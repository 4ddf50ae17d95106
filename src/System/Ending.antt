-- ===== src/System/Ending.antt =====
-- The end of `main` of main.rs: what it waits for, and what it does then.
use daemon_choir.Base.{
  ◌≡◌, refl, ap, subst, Bool, true, false, ◌||◌, Option, none, some, List, ltb, if◌then◌else◌, ◌==◌,
}
use daemon_choir.Float.{F64}
use daemon_choir.Config.{Config, MappingRule}
use daemon_choir.Events.{RawEvent}
use daemon_choir.Metrics.{StateSnapshot}
use daemon_choir.Sync.{Sender, Receiver}
use daemon_choir.Probes
use daemon_choir.Probes.{Aya, ProbeManager, start}
use daemon_choir.Mapping.{MappedParam}
use daemon_choir.Db.{Sqlite}
use daemon_choir.Api.{AppState}
use daemon_choir.System.Start.{Sockets, launched, wired, launch}
use daemon_choir.System.Launched.{launched-eq}
use daemon_choir.System.Safety.{Reach}
use daemon_choir.System.Asked.{shutdowns, Reach-Asked}
use daemon_choir.System.{System}

-- what `shutdown_signal` is resolved by
pub data Signal : Type 0 where
  interrupt terminate : Signal

-- `main` at its last `select!`: it waits, or it has stopped, with the probe manager that it leaves.
pub data Main (Tx : Type 0) : Type 0 where
  awaits : Main Tx
  stopped : ProbeManager Tx → Main Tx

module _ {F Conn Tx : Type 0} where
  -- `tokio::select!` on the signal and `shutdown_rx`, and the end
  unfoldable pub await_end : Option Signal → AppState F Conn → ProbeManager Tx → Main Tx
  unfolding Probes.shutdown
  await_end (some signal) app manager = stopped (Probes.shutdown manager)
  await_end none app manager =
      if ltb 0 app.shutdown_requests then stopped (Probes.shutdown manager) else awaits

abbrev pub is_sent : Option Signal → Bool
is_sent none = false
is_sent (some signal) = true

module _ {F Raw Snap Par Packet Conn Bpf Program : Type 0} ⦃f : F64 F⦄
    ⦃raw_tx : Sender RawEvent Raw⦄ ⦃raw_rx : Receiver RawEvent Raw⦄
    ⦃snap_tx : Sender (StateSnapshot F) Snap⦄ ⦃snap_rx : Receiver (StateSnapshot F) Snap⦄
    ⦃par_tx : Sender (List (MappedParam F)) Par⦄ ⦃par_rx : Receiver (List (MappedParam F)) Par⦄
    (sql : Sqlite F Conn) (aya : Aya Bpf Program) where
  launched-unasked :
      (config : Config F) (simulate : Bool) (opened : Option Conn) (bind : Sockets)
      {s : System F Raw Snap Par Packet Conn}
      → launch Packet sql aya config simulate opened bind ≡ launched s
      → s.app.shutdown_requests ≡ 0
  unfolding launch wired
  launched-unasked config simulate opened bind {s} e =
      subst (λ (t : System F Raw Snap Par Packet Conn). t.app.shutdown_requests ≡ 0)
        (launched-eq (config.daemon.control_api_port == 0) bind.udp
          (bind.tcp config.daemon.control_api_port) (wired Packet sql aya config simulate opened) s
          e)
        refl

  -- Whatever the order of the tasks' rounds since the launch: `main` stops, and tells the probes to, exactly
  -- if there is a signal or one of the requests that the API served was `POST /v1/shutdown` with the
  -- header's value `shutdown`; on nothing else that the tasks, the other requests or the environment do.
  pub launch-stops :
      (Good : MappingRule F → Type 0) (config : Config F) (simulate : Bool) (opened : Option Conn)
      (bind : Sockets) {s t : System F Raw Snap Par Packet Conn} (signal : Option Signal)
      (manager : ProbeManager Raw)
      → launch Packet sql aya config simulate opened bind ≡ launched s
      → (r : Reach sql Good s t)
      → await_end signal t.app manager ≡ (
          if is_sent signal || ltb 0 (shutdowns r)
          then stopped (record manager { shutdown = true })
          else awaits)
  unfolding await_end Probes.shutdown
  launch-stops Good config simulate opened bind (some signal) manager e r = refl
  launch-stops Good config simulate opened bind {t} none manager e r =
      ap (λ n. if ltb 0 n then stopped (record manager { shutdown = true }) else awaits)
        (Reach-Asked sql Good (launched-unasked config simulate opened bind e) r)
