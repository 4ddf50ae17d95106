-- ===== src/Startup.antt =====
-- The arguments that crates/conductor/src/main.rs reads at its start.
use daemon_choir.Base.{
  ℕ, zero, suc, ◌≤◌, ◌≡◌, refl, ap, arith, Bool, true, false, ◌||◌, Bool-cases, inl, inr, Option,
  none, some, String, List, [], ◌∷◌, if◌then◌else◌, str_eq, length, get_elem?, drop,
}

-- `config_path` and `simulate`
pub record Options : Type 0 where
  pub config_path : Option String
  pub simulate : Bool

abbrev pub is_config : String → Bool
is_config arg = str_eq arg "--config" || str_eq arg "-c"

abbrev pub is_simulate : String → Bool
is_simulate arg = str_eq arg "--simulate" || str_eq arg "-s"

-- `args[i + 1]`, if it is there, with `i += 1`
abbrev pub take_path : ℕ → Option String → Options → ℕ × Options
take_path i none o = (i, o)
take_path i (some path) o = (suc i, record o { config_path = some path })

-- an argument that is not `--config`
abbrev pub set_flag : String → Options → Options
set_flag arg o = if is_simulate arg then record o { simulate = true } else o

-- the body of the loop at `args[i]`, with the `i` and the options after it
unfoldable pub read_arg : List String → ℕ → String → Options → ℕ × Options
read_arg args i arg o =
    if is_config arg then take_path (suc i) (get_elem? args (suc i)) o else (suc i, set_flag arg o)

-- `while i < args.len()`, on fuel
unfoldable pub read_args : ℕ → List String → ℕ → Options → Options
unfolding read_arg
read_args zero args i o = o
read_args (suc fuel) args i o = elim (get_elem? args i) [
  | none ↦ o
  | some arg ↦ read_args fuel args (read_arg args i arg o).0 (read_arg args i arg o).1
]

-- the options of a command line, whose first argument is the program's name
unfoldable pub parse_args : List String → Options
unfolding read_args
parse_args args = read_args (length args) args 1 (record { config_path = none; simulate = false })

-- The meaning of the arguments, one after the other: an independent description.
abbrev pub meaning : List String → Options → Options
meaning [] o = o
meaning (a ∷ []) o = if is_config a then o else set_flag a o
meaning (a ∷ b ∷ rest) o =
    let with_path = meaning rest (record o { config_path = some b }) in
    let without = meaning (b ∷ rest) (set_flag a o) in if is_config a then with_path else without

elem_drop : (i : ℕ) (args l : List String) → drop i args ≡ l → get_elem? args i ≡ get_elem? l 0
elem_drop zero args l e = ap (λ k. get_elem? k 0) e
elem_drop (suc i) [] l e = ap (λ k. get_elem? k 0) e
elem_drop (suc i) (x ∷ xs) l e = elem_drop i xs l e

drop-suc :
    (i : ℕ) (args : List String) (a : String) (l : List String)
    → drop i args ≡ a ∷ l
    → drop (suc i) args ≡ l
drop-suc zero [] a l e = absurd (grind arith)
drop-suc zero (x ∷ xs) a l e = grind arith
drop-suc (suc i) [] a l e = absurd (grind arith)
drop-suc (suc i) (x ∷ xs) a l e = drop-suc i xs a l e

read_args-meaning :
    (fuel : ℕ) (args : List String) (i : ℕ) (o : Options) (l : List String)
    → drop i args ≡ l
    → length l ≤ fuel
    → read_args fuel args i o ≡ meaning l o
unfolding read_args read_arg
read_args-meaning zero args i o [] e h = refl
read_args-meaning zero args i o (a ∷ l) e h = absurd (omega arith)
read_args-meaning (suc fuel) args i o [] e h = rw (elem_drop i args [] e, read_args) refl
read_args-meaning (suc fuel) args i o (a ∷ []) e h =
    let here = elem_drop i args (a ∷ []) e in
    let e' = drop-suc i args a [] e in
    let next = elem_drop (suc i) args [] e' in
    elim (Bool-cases (is_config a)) [
      | inl c ↦
          rw (here, c, next, read_args) (read_args-meaning fuel args (suc i) o [] e' (omega arith))
      | inr c ↦
          rw (here, c, read_args)
            (read_args-meaning fuel args (suc i) (set_flag a o) [] e' (omega arith))
    ]
read_args-meaning (suc fuel) args i o (a ∷ b ∷ l) e h =
    let here = elem_drop i args (a ∷ b ∷ l) e in
    let e' = drop-suc i args a (b ∷ l) e in
    let next = elem_drop (suc i) args (b ∷ l) e' in
    elim (Bool-cases (is_config a)) [
      | inl c ↦
          rw (here, c, next, read_args)
            (read_args-meaning fuel args (suc (suc i)) (record o { config_path = some b }) l
              (drop-suc (suc i) args b l e') (omega arith))
      | inr c ↦
          rw (here, c, read_args)
            (read_args-meaning fuel args (suc i) (set_flag a o) (b ∷ l) e' (omega arith))
    ]

-- The loop over a command line's arguments ends with the meaning of those behind the program's name:
-- each `--config` or `-c` takes the argument behind it as the path, whatever that is, the last such
-- path counts, one at the very end is ignored, as is every argument that is not known. As much fuel
-- as there are arguments is enough.
pub parse_args-meaning :
    (name : String) (args : List String)
    → parse_args (name ∷ args) ≡ meaning args (record { config_path = none; simulate = false })
unfolding parse_args
parse_args-meaning name args =
    read_args-meaning (length (name ∷ args)) (name ∷ args) 1 _ args refl (omega arith)
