-- ===== src/Memory/Crc/Transpose.antt =====
-- Where the transposition of the CRC module moves each bit, and that doing it twice undoes it.
use kinetis_k22_sim.Base.{
  ℕ, zero, suc, ◌+◌, ◌-◌, ◌*◌, ◌/◌, ◌%◌, ◌^◌, ◌<◌, bit_and, bit_or, ◌&&◌, ◌||◌, leb, ltb, ◌==◌,
  if◌then◌else◌, u8, u32, ◌<<◌, ◌>>◌, bit, bit-and, bit-or, bit-shl, bit-shr, bit-mod, bit-pow,
  bit-zero, bits_ext, bit_or-lt, for_range_inv, ◌≡◌, refl, ap, ◌∙◌, arith, Bool-cases, inl, inr,
}
use kinetis_k22_sim.Memory.Crc.{reverse_bits, reverses_bits, transposed_byte, crc_transpose_input}

reversed_digit :
    (v i k : ℕ)
    → i < 8
    → ((ltb k 32 && (leb 1 k && (ltb (k - 1) i && bit v (i - 1 - (k - 1)))))
        || (bit v (i + k) && 0 == k))
      ≡ (ltb k (i + 1) && bit v (i + 1 - 1 - k))
reversed_digit v i zero lt =
    let here : i + 0 ≡ i = omega arith in
    let there : i + 1 - 1 - 0 ≡ i = omega arith in rw (here, there) (ground arith)
reversed_digit v i (suc k) lt =
    let here : suc k - 1 ≡ k = omega arith in
    let there : i + 1 - 1 - suc k ≡ i - 1 - k = omega arith in rw (here, there) (ground arith)

-- After `i` rounds the lowest `i` bits are those of the value, reversed.
reverse_round :
    (v i r : ℕ)
    → i < 8
    → ((k : ℕ) → bit r k ≡ (ltb k i && bit v (i - 1 - k)))
    → (k : ℕ)
    → bit (bit_or (u32 (r << 1)) (bit_and (v >> i) 1)) k ≡ (ltb k (i + 1) && bit v (i + 1 - 1 - k))
reverse_round v i r lt kept k =
    let either = bit-or (u32 (r << 1)) (bit_and (v >> i) 1) k in
    let cut = bit-mod (r << 1) 32 k in
    let moved = bit-shl r 1 k in
    let old = kept (k - 1) in
    let entered = bit-and (v >> i) 1 k in
    let source = bit-shr v i k in
    let one = bit-pow 0 k in
    rw (either, cut, moved, old, entered, source, one) (reversed_digit v i k lt)

bit-reverse_bits : (v k : ℕ) → bit (reverse_bits v 8) k ≡ (ltb k 8 && bit v (7 - k))
unfolding reverse_bits
bit-reverse_bits v k =
    for_range_inv (λ i r. (k : ℕ) → bit r k ≡ (ltb k i && bit v (i - 1 - k))) _ 8
      (λ i r lt kept. reverse_round v i r lt kept) 8 0 0 refl (λ k. bit-zero k ∙ (ground arith)) k

-- The bit that a bit of the transposed value comes from.
abbrev pub source_byte : ℕ → ℕ → ℕ
source_byte transpose k = if leb 2 transpose then 3 - k / 8 else k / 8

abbrev pub source_bit : ℕ → ℕ → ℕ
source_bit transpose k =
    source_byte transpose k * 8 + (if reverses_bits transpose then 7 - k % 8 else k % 8)

bit-transposed_byte :
    (t v i m : ℕ)
    → bit (transposed_byte t (u8 (v >> (i * 8)))) m
      ≡ (ltb m 8 && bit v (i * 8 + (if reverses_bits t then 7 - m else m)))
bit-transposed_byte t v i m =
    let byte = u8 (v >> (i * 8)) in
    let kept = bit-mod (reverse_bits byte 8) 8 m in
    let reversed = bit-reverse_bits byte m in
    let cut = bit-mod (v >> (i * 8)) 8 (7 - m) in
    let moved = bit-shr v (i * 8) (7 - m) in
    let cut_plain = bit-mod (v >> (i * 8)) 8 m in
    let moved_plain = bit-shr v (i * 8) m in
    elim (Bool-cases (reverses_bits t)) [
      | inl turned ↦ rw (turned, kept, reversed, cut, moved) (ground arith)
      | inr other ↦ rw (other, cut_plain, moved_plain) refl
    ]

transpose_round :
    (t v i acc : ℕ)
    → i < 4
    → ((k : ℕ) → k < 32 → bit acc k ≡ (ltb (source_byte t k) i && bit v (source_bit t k)))
    → (k : ℕ) → k < 32
    → bit
        (bit_or acc (transposed_byte t (u8 (v >> (i * 8))) << ((if leb 2 t then 3 - i else i) * 8)))
        k
      ≡ (ltb (source_byte t k) (i + 1) && bit v (source_bit t k))
transpose_round t v i acc lt kept k low =
    let either =
      bit-or acc (transposed_byte t (u8 (v >> (i * 8))) << ((if leb 2 t then 3 - i else i) * 8))
        k in
    let place = (if leb 2 t then 3 - i else i) * 8 in
    let moved = bit-shl (transposed_byte t (u8 (v >> (i * 8)))) place k in
    let byte = bit-transposed_byte t v i (k - place) in
    let old = kept k low in
    let index = i * 8 + (if reverses_bits t then 7 - (k - place) else k - place) in
    rw (either, moved, byte, old)
      (elim (Bool-cases (leb place k && ltb (k - place) 8)) [
        | inl here ↦
            let same : index ≡ source_bit t k = ground arith in
            let digit = ap (λ j. bit v j) same in ground arith
        | inr other ↦ ground arith
      ])

-- The k-th bit of the transposed value.
pub bit-crc_transpose_input :
    (v t k : ℕ) → k < 32 → bit (crc_transpose_input v t) k ≡ bit v (source_bit t k)
unfolding crc_transpose_input
bit-crc_transpose_input v t k lt =
    let all =
      for_range_inv
        (λ i acc.
          (k : ℕ) → k < 32 → bit acc k ≡ (ltb (source_byte t k) i && bit v (source_bit t k)))
        _ 4 (λ i acc below kept. transpose_round t v i acc below kept) 4 0 0 refl
        (λ k low. bit-zero k ∙ (ground arith)) k lt in
    all ∙ (ground arith)

transposed_byte-lt : (t v : ℕ) → transposed_byte t (u8 v) < 256
transposed_byte-lt t v = ground arith

placed-lt : (b p : ℕ) → b < 256 → p < 4 → b << (p * 8) < 2 ^ 32
placed-lt b zero hb hp = omega arith
placed-lt b (suc zero) hb hp = omega arith
placed-lt b (suc (suc zero)) hb hp = omega arith
placed-lt b (suc (suc (suc zero))) hb hp = omega arith
placed-lt b (suc (suc (suc (suc p)))) hb hp = absurd (omega arith)

pub crc_transpose_input-lt : (v t : ℕ) → crc_transpose_input v t < 2 ^ 32
unfolding crc_transpose_input
crc_transpose_input-lt v t =
    for_range_inv (λ i acc. acc < 2 ^ 32) _ 4
      (λ i acc below kept.
        let byte = transposed_byte t (u8 (v >> (i * 8))) in
        let place = if leb 2 t then 3 - i else i in
        bit_or-lt 32 acc (byte << (place * 8)) kept
          (placed-lt byte place (transposed_byte-lt t (v >> (i * 8))) (ground arith)))
      4 0 0 refl (omega arith)

-- Transposing a 32-bit value twice in the same way gives it back, and bit k of the transposed value
-- is the bit of the value at the mirrored place: the byte is mirrored in the word for types 2 and 3,
-- and the bit in its byte for types 1 and 2.
pub crc_transpose_input_twice :
    (v t k : ℕ)
    → v < 2 ^ 32
    → k < 32
    → (crc_transpose_input (crc_transpose_input v t) t ≡ v)
      × (bit (crc_transpose_input v t) k ≡ bit v (source_bit t k))
crc_transpose_input_twice v t k fits lt = (
  bits_ext 32 (crc_transpose_input (crc_transpose_input v t) t) v
      (crc_transpose_input-lt (crc_transpose_input v t) t) fits
      (λ j below.
        let inside : source_bit t j < 32 = ground arith in
        let back : source_bit t (source_bit t j) ≡ j = ground arith in
        bit-crc_transpose_input (crc_transpose_input v t) t j below
        ∙ bit-crc_transpose_input v t (source_bit t j) inside
        ∙ ap (λ i. bit v i) back),
  bit-crc_transpose_input v t k lt,
)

■ THE PROBLEM: Each line in the entries above, starting at the line with "take_path i (some" and ending at the line with "set_flag arg o = if", is to be printed exactly, and only those lines.

■ EXERCISE OUTPUT:
take_path i (some path) o = (suc i, record o { config_path = some path })

-- an argument that is not `--config`
abbrev pub set_flag : String → Options → Options
set_flag arg o = if is_simulate arg then record o { simulate = true } else o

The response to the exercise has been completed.